Valentin Petrovitch Clouchko (1908-1989), constructeur général des moteurs fusées à ergols liquides des lanceurs et systèmes spatiaux.

Né en 1908, il termine ses études en 1929 à l'université de Leningrad. Il est admis au Laboratoire de dynamique des gaz où il développe le moteur à réaction électrique ERD.

De 1930 à 33, il développe les moteurs ORM 1 à ORM 52 (moteurs expérimentaux à liquides) dont la poussée varie de 20 à 300 kg.

En 1933, Gloushko entre à Institut de Recherches Scientifiques RNII comme constructeur en chef des moteurs fusées liquides. Il construit les moteurs ORM 53 à ORM 102 de 80 à 600 kg de poussée. 

En 1939, il constitue un groupe autonome et devient constructeur principal d'un département de moteurs fusées d'appoint dans une usine aéronautique de Moscou.

A partir de 1941, il se replie à Kazan et développe les moteurs RD 1 à RD 4 de 300 à 1000 kg de poussée qui seront monté sur des avions construits par Korolev.  

La première réalisation de Gloushko est le RD 100 de 25 tonnes de poussée utilisant du kérosène et de l'oxygène liquide. Depuis 1946, il est le constructeur principal du GDL OKB et dirige 150 personnes. Le RD 100 équipe la fusée R1 de Korolev. 

En 1949, il crée le RD 102 pour la R2 puis le RD 103 pour la R5.

En 1954, Korolev lui demande la construction d'un moteur de 100 tonnes de poussée pour la R7. A cet époque, la poussée maximale est de 25 tonnes. L'idée de Gloushko est de regrouper 4 moteurs de 25 tonnes pour obtenir la poussée de 100 tonnes.
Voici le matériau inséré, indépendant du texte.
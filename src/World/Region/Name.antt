-- ===== src/World/Region/Name.antt =====
-- The names of region files: `RegionFile::open` of crates/mc-world/src/region.rs reads the
-- coordinates from the name, and `region_path` of crates/mc-world/src/world.rs writes it.
pub mod RoundTrip
use pico_server_rs.Base.{
  ℕ, zero, suc, ◌+◌, ◌-◌, ◌*◌, ◌%◌, ◌^◌, List, [], ◌∷◌, ◌++◌, Bool, true, false, Option, none, some,
  ◌==◌, ◌&&◌, leb, ltb, if◌then◌else◌, and_then, unwrap_or,
}
use pico_server_rs.Base.Words.{Bytes}
use pico_server_rs.World.Chunk.Parse.{to_string}

abbrev pub last_dot : ℕ → Option Bytes → Option Bytes
last_dot c (some t) = some (c ∷ t)
last_dot c none = if c == 46 then some [] else none

-- What stands in front of the last dot.
unfoldable pub before_last_dot : Bytes → Option Bytes
before_last_dot [] = none
before_last_dot (c ∷ s) = last_dot c (before_last_dot s)

abbrev pub stem_or : Bytes → Option Bytes → Bytes
stem_or name none = name
stem_or name (some []) = name
stem_or name (some (c ∷ s)) = c ∷ s

-- `file_stem`: the whole name where there is no dot or only one at its start.
unfoldable pub file_stem : Bytes → Bytes
unfolding before_last_dot
file_stem name = stem_or name (before_last_dot name)

abbrev pub onto_first : ℕ → List Bytes → List Bytes
onto_first c [] = (c ∷ []) ∷ []
onto_first c (part ∷ parts) = (c ∷ part) ∷ parts

-- `split('.')`
unfoldable pub split_dots : Bytes → List Bytes
split_dots [] = [] ∷ []
split_dots (c ∷ s) = let parts = split_dots s in if c == 46 then [] ∷ parts else onto_first c parts

-- The number that decimal digits stand for, behind `acc`.
unfoldable pub digits_value : ℕ → Bytes → Option ℕ
digits_value acc [] = some acc
digits_value acc (c ∷ s) =
    let rest = digits_value (acc * 10 + (c - 48)) s in if leb 48 c && leb c 57 then rest else none

abbrev pub below : ℕ → ℕ → Option ℕ
below bound v = if ltb v bound then some v else none

-- `parse::<i32>()`: digits behind a sign or none, and at least one.
unfoldable pub parse_i32 : Bytes → Option ℕ
unfolding digits_value
parse_i32 [] = none
parse_i32 (c ∷ []) = and_then (digits_value 0 (c ∷ [])) (below (2 ^ 31))
parse_i32 (c ∷ d ∷ s) =
    if c == 45
    then and_then (and_then (digits_value 0 (d ∷ s)) (below (2 ^ 31 + 1)))
        (λ w. some ((2 ^ 32 - w) % 2 ^ 32))
    else and_then (digits_value 0 (if c == 43 then d ∷ s else c ∷ d ∷ s)) (below (2 ^ 31))

abbrev pub is_r : Bytes → Bool
is_r [] = false
is_r (c ∷ []) = c == 114
is_r (c ∷ d ∷ s) = false

unfoldable pub from_parts : List Bytes → ℕ × ℕ
unfolding parse_i32
from_parts (part ∷ x ∷ z ∷ others) =
    if is_r part then (unwrap_or 0 (parse_i32 x), unwrap_or 0 (parse_i32 z)) else (0, 0)
from_parts _ = (0, 0)

-- The coordinates in a name of the form r.X.Z.mca.
unfoldable pub region_of_name : Bytes → ℕ × ℕ
unfolding split_dots file_stem from_parts
region_of_name name = from_parts (split_dots (file_stem name))

-- `format!("r.{rx}.{rz}.mca")`
unfoldable pub region_name : ℕ → ℕ → Bytes
unfolding to_string
region_name rx rz =
    114 ∷ 46 ∷ (to_string 32 rx ++ (46 ∷ (to_string 32 rz ++ (46 ∷ 109 ∷ 99 ∷ 97 ∷ []))))
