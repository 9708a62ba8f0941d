-- ===== src/Proxy/Captured.antt =====
-- The files of captured packets: relay.rs of crates/mc-proxy/src writes them, and `run_play_phase` of
-- crates/mc-proxy/src/server.rs looks for them. A name is the list of its bytes; a directory is a list
-- of the names and of what reading each file gives.
pub mod Hex
pub mod Names
pub mod Order
mod Examples
use pico_server_rs.Base.{
  ℕ, zero, suc, ◌+◌, ◌-◌, ◌/◌, ◌%◌, ◌^◌, List, [], ◌∷◌, ◌++◌, Bool, true, false, Option, none, some,
  ◌==◌, ◌*◌, ◌&&◌, ◌||◌, leb, ltb, if◌then◌else◌, and_then, drop, take,
}
use pico_server_rs.Base.Words.{Bytes}
use pico_server_rs.World.Text.{same_text}
use pico_server_rs.World.Chunk.Parse.{digits_of}
use pico_server_rs.World.Region.Name.{digits_value, below}

-- "play_pkt_"
abbrev pub play_pkt : Bytes
play_pkt = 112 ∷ 108 ∷ 97 ∷ 121 ∷ 95 ∷ 112 ∷ 107 ∷ 116 ∷ 95 ∷ []

-- ".bin"
abbrev pub dot_bin : Bytes
dot_bin = 46 ∷ 98 ∷ 105 ∷ 110 ∷ []

-- "id0x"
abbrev pub id_0x : Bytes
id_0x = 105 ∷ 100 ∷ 48 ∷ 120 ∷ []

abbrev pub hex_char : ℕ → ℕ
hex_char d = if ltb d 10 then 48 + d else 87 + d

-- The hexadecimal digits of a number, in front of `rest`.
unfoldable pub hex_digits : ℕ → ℕ → Bytes → Bytes
hex_digits zero v rest = rest
hex_digits (suc places) v rest =
    let longer = hex_digits places (v / 16) (hex_char (v % 16) ∷ rest) in
    if ltb v 16 then hex_char (v % 16) ∷ rest else longer

-- `{:02x}` of an i32.
unfoldable pub hex_02 : ℕ → Bytes
unfolding hex_digits
hex_02 v = if ltb v 16 then 48 ∷ hex_char v ∷ [] else hex_digits 8 v []

-- `format!("play_pkt_{n}_{id}_id0x{pid:02x}.bin")`
unfoldable pub play_name : ℕ → ℕ → ℕ → Bytes
unfolding hex_02
play_name n id pid =
    play_pkt
    ++ (digits_of 10 n []
        ++ (95 ∷ (digits_of 20 id [] ++ (95 ∷ (id_0x ++ (hex_02 pid ++ dot_bin))))))

unfoldable pub starts_with : Bytes → Bytes → Bool
starts_with [] s = true
starts_with (p ∷ ps) [] = false
starts_with (p ∷ ps) (c ∷ s) = p == c && starts_with ps s

unfoldable pub ends_with : Bytes → Bytes → Bool
ends_with suffix [] = same_text suffix []
ends_with suffix (c ∷ s) = ends_with suffix s || same_text suffix (c ∷ s)

abbrev pub onto : ℕ → Option Bytes → Option Bytes
onto c none = none
onto c (some s) = some (c ∷ s)

-- What stands in front of the first `stop`.
unfoldable pub before : ℕ → Bytes → Option Bytes
before stop [] = none
before stop (c ∷ s) = let rest = before stop s in if c == stop then some [] else onto c rest

-- What stands behind the first "id0x".
unfoldable pub behind_id : Bytes → Option Bytes
unfolding starts_with
behind_id [] = none
behind_id (c ∷ s) =
    let rest = behind_id s in if starts_with id_0x (c ∷ s) then some (drop 3 s) else rest

-- `parse::<u32>()`
unfoldable pub parse_u32 : Bytes → Option ℕ
unfolding digits_value
parse_u32 [] = none
parse_u32 (c ∷ []) = and_then (digits_value 0 (c ∷ [])) (below (2 ^ 32))
parse_u32 (c ∷ d ∷ s) =
    and_then (digits_value 0 (if c == 43 then d ∷ s else c ∷ d ∷ s)) (below (2 ^ 32))

abbrev pub hex_digit : ℕ → Option ℕ
hex_digit c =
    if leb 48 c && leb c 57
    then some (c - 48)
    else if leb 97 c && leb c 102
    then some (c - 87)
    else if leb 65 c && leb c 70
    then some (c - 55)
    else none

-- The number that hexadecimal digits stand for, behind `acc`.
unfoldable pub hex_value : ℕ → Bytes → Option ℕ
hex_value acc [] = some acc
hex_value acc (c ∷ s) = and_then (hex_digit c) (λ d. hex_value (acc * 16 + d) s)

-- `i32::from_str_radix(.., 16)`
unfoldable pub parse_hex : Bytes → Option ℕ
unfolding hex_value
parse_hex [] = none
parse_hex (c ∷ []) = and_then (hex_value 0 (c ∷ [])) (below (2 ^ 31))
parse_hex (c ∷ d ∷ s) =
    if c == 45
    then and_then (and_then (hex_value 0 (d ∷ s)) (below (2 ^ 31 + 1)))
        (λ w. some ((2 ^ 32 - w) % 2 ^ 32))
    else and_then (hex_value 0 (if c == 43 then d ∷ s else c ∷ d ∷ s)) (below (2 ^ 31))

-- The packet id in the rest of a name.
abbrev pub packet_of : Bytes → Option ℕ
packet_of rest = and_then (behind_id rest) λ id_rest. and_then (before 46 id_rest) parse_hex

-- The number and the packet id in the name of a file, where it is one of a captured packet that is
-- used.
unfoldable pub captured_name : Bytes → Option (ℕ × ℕ)
unfolding starts_with ends_with before behind_id parse_u32 parse_hex
captured_name name =
    let rest = drop 9 name in
    if starts_with play_pkt name && ends_with dot_bin name
    then and_then (and_then (before 95 rest) parse_u32)
        (λ n. if leb 35 n then and_then (packet_of rest) (λ pid. some (n, pid)) else none)
    else none

-- `BTreeMap::insert`, on the list of the entries by ascending numbers.
unfoldable pub insert_packet : ℕ → ℕ × Bytes → List (ℕ × (ℕ × Bytes)) → List (ℕ × (ℕ × Bytes))
insert_packet n packet [] = (n, packet) ∷ []
insert_packet n packet ((m, other) ∷ entries) =
    let rest = insert_packet n packet entries in
    if ltb n m
    then (n, packet) ∷ (m, other) ∷ entries
    else if n == m
    then (n, packet) ∷ entries
    else (m, other) ∷ rest

abbrev pub with_file :
    List (ℕ × (ℕ × Bytes)) → Option (ℕ × ℕ) → Option Bytes → List (ℕ × (ℕ × Bytes))
with_file entries (some (n, pid)) (some body) = insert_packet n (pid, body) entries
with_file entries name file = entries

-- The loop over the directory.
unfoldable pub pkt_map :
    List (ℕ × (ℕ × Bytes)) → List (Bytes × Option Bytes) → List (ℕ × (ℕ × Bytes))
unfolding captured_name insert_packet
pkt_map entries [] = entries
pkt_map entries ((name, file) ∷ files) = pkt_map (with_file entries (captured_name name) file) files

abbrev pub values : List (ℕ × (ℕ × Bytes)) → List (ℕ × Bytes)
values [] = []
values ((n, packet) ∷ entries) = packet ∷ values entries

-- The captured packets, as `run_play_phase` takes them from its directory.
unfoldable pub play_packets : List (Bytes × Option Bytes) → List (ℕ × Bytes)
unfolding pkt_map
play_packets files = take 213 (values (pkt_map [] files))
Le nouveau moteur est nommé RD 107.

En parallèle, il crée pour Yangel sur le même schéma, le RD 214 de 74 tonnes de poussée fonctionnant avec de l'acide nitrique et du kérosène. 

Lorsque l'URSS propose de construire une fusée lourde, Gloushko a 25 ans d'expérience derrière lui.

 

 

 

 

Vladimir Nikolaievitch Tchelomei (1914-1984), constructeur général des missiles, lanceurs et systèmes spatiaux.

 


Constructeur général et directeur du bureau d'études OKB 52, dirige le développement des missiles UR200, UR 100 et RS-18. A partir de 1970, Tchélomei assure le développement des stations militaire Saliout 2, 3, 5 puis des Saliout civils, MIR et les modules Kvant, Krystal.